中原中也記念館で思ったこと

2015-07-08 00:00:14 | 美術館・博物館・工芸品
さあ、明日は長らく懸案だった萩日帰り旅行に行こうと思ったのがちょうど金曜の夜の11時半頃で、ルートを調べているうち、これも懸案だった湯田温泉にある「中原中也記念館」も近くではないか、ということに気付く。調べると、萩の方には、「瀬戸際の世界遺産問題」や「NHK大河ドラマ」という余計なイベントが絡んでいるし、中也記念館のある湯田温泉の方には、「SLやまぐち号」の出走日という余計な話が絡む。どうも予定の計画の1時間後に新山口駅からSLが同方向に走るようだが、それだと全体に遅れが生じ・・・

もう朝2時になってしまったので、特別イベントはすべて無視することにして翌日に備え眠る。

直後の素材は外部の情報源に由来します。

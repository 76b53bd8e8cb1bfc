-- ===== src/A3/Disk/Cache/Store.antt =====
-- The buffer cache is a store of sectors: what the file system relies on.
use mcgill_ecse_427_operatin.Prelude.{
  ℕ, ◌<◌, ◌≡◌, ◌∙◌, ap, subst, inl, inr, Bool-cases, ==_iff, ◌==◌, Option, none, some, Array,
  update, arith,
}
use mcgill_ecse_427_operatin.A3.Disk.Block.{Driver}
use mcgill_ecse_427_operatin.A3.Disk.Cache.{
  Cache, buffer_cache_size, buffer_cache_read, buffer_cache_write,
}
use mcgill_ecse_427_operatin.A3.Disk.Cache.View.{IsValid, view}
use mcgill_ecse_427_operatin.A3.Disk.Cache.Transparent.{
  buffer_cache_read-view, buffer_cache_write-view,
}
use mcgill_ecse_427_operatin.A3.Disk.Sectors.{Sectors}

module _ {D B : Type 0} (ops : Driver D B) (rounds : ℕ) (enough : buffer_cache_size < rounds) where
  -- The cache is well formed, for a device of `n` sectors, and reads as the array.
  pub record Stands (c : Cache D B) (n : ℕ) (v : Array B) : Type 0 where
    pub valid : IsValid ops c
    pub size : c.device.size ≡ n
    pub same : (t : ℕ) → view ops c t ≡ v t

  pub write_result : Option (Cache D B) → Option (Unit {0} × Cache D B)
  write_result none = none
  write_result (some c) = some (tt, c)

  pub read-Stands :
      (n s : ℕ) (c : Cache D B) (v : Array B)
      → s < n
      → Stands c n v
      → (c' : Cache D B) × (buffer_cache_read ops rounds s c ≡ some (v s, c')) × Stands c' n v
  read-Stands n s c v h st =
      let (c', e, kept) =
        buffer_cache_read-view ops rounds s c st.valid enough (omega (arith, st.size)) in
      (
        c',
        subst (λ b. buffer_cache_read ops rounds s c ≡ some (b, c')) (st.same s) e,
        record {
          valid = kept.valid;
          size = kept.size ∙ st.size;
          same = λ t. kept.same t ∙ st.same t;
        },
      )

  pub write-Stands :
      (n s : ℕ) (b : B) (c : Cache D B) (v : Array B)
      → s < n
      → Stands c n v
      → (c' : Cache D B) × (write_result (buffer_cache_write ops rounds s b c) ≡ some (tt, c'))
        × Stands c' n (update v s b)
  unfolding write_result
  write-Stands n s b c v h st =
      let (c', e, valid, size, here, other) =
        buffer_cache_write-view ops rounds s b c st.valid enough (omega (arith, st.size)) in
      (
        c',
        ap write_result e,
        record {
          valid = valid;
          size = size ∙ st.size;
          same = λ t. elim (Bool-cases (s == t)) [
            | inl eq ↦ rw eq (subst (λ u. view ops c' u ≡ b) ((==_iff s t).0 eq) here)
            | inr ne ↦ rw ne (other t (λ e. ground (arith, e)) ∙ st.same t)
          ];
        },
      )

  abbrev pub cached_sectors : Sectors (Cache D B) B
  cached_sectors = record {
    read = buffer_cache_read ops rounds;
    write = λ s b c. write_result (buffer_cache_write ops rounds s b c);
    Stands = Stands;
    read-Stands = read-Stands;
    write-Stands = write-Stands;
  }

そして、午前10時ころ、湯田温泉の中也生家跡にある中原中也記念館に到着。温泉街だ。

tyuya


まず、中也は好きだ。好きな10人には入る。どこか不完全さを保ちながら、やるせないコトバを散りばめる。個人的には「ウマヘタ詩人」と思っているが、散文における太宰治のように中也の激烈なファンは、彼の詩に「酔う」という以上に、麻薬的な痺れを感じるのだろう。

「汚れちまつた悲しみに」とか「とある朝、僕は死んでゐた」とか「海にゐるのは あれは浪ばかりです」とか。

7月末から萩原朔太郎と中原中也についての展示が始まるが、隠喩の技巧については圧倒的に朔太郎が素晴らしく、朔太郎の詩はクールで心の中が透き通っていくのに対し、中也の詩は心をかき乱す。芥川と太宰の違いのようなものだろうか。

30歳で他界(1907-1937)とは同郷の吉田松陰と同じだ。また、詩人として再評価されるまで70年以上かかった同郷の金子みすゞ(1903-1930)とは、同時代人だ。方向はまったく異なるが、二人の大詩人は近くにいたわけだ。

文学館一般に言えるが、生原稿で中也の原稿用紙をみることができる。文字には意外にも癖がない。縦書きの場合、慣れていないと中心線がいい加減になって右や左によろけ文字となるのだが、そんなこともない。

横書きの大学ノートを横にして縦書きで使っていたそうで、それでまっすぐ書けるのだろうか。「ノート小年時」といのがあって、大学ノートの表紙に「小年時」と書かれていて、その復刻版を買ってみた。少年ではなく小年と書く真意は?

二階の窓に面した小空間には、中也の頭部のブロンズ像が置かれている。生前の中也をモデルとして高田博厚氏が制作したオリジナルが大戦中に北京で行方不明となり、高田氏が残された写真を頼りに再度作り直したものである。二度目なので少しはうまく作れたということだそうだ。

この表現豊かなブロンズ像だが、実は窓際なので外から超望遠レンズでとらえることができるが、それよりも実物がほしくなってきた。

実は、このブロンズ像のレプリカはいくつか存在するわけだ。

nakahara


毎年、優秀な詩集に対して選出される『中原中也賞』というのがあって、副賞は100万円だが、中也賞そのものの賞品は、中也ブロンズのレプリカなのだ。

さっそく、詩作に取り組む。

書く気になれば大量生産可能なのだが、そういうものではないのだろう。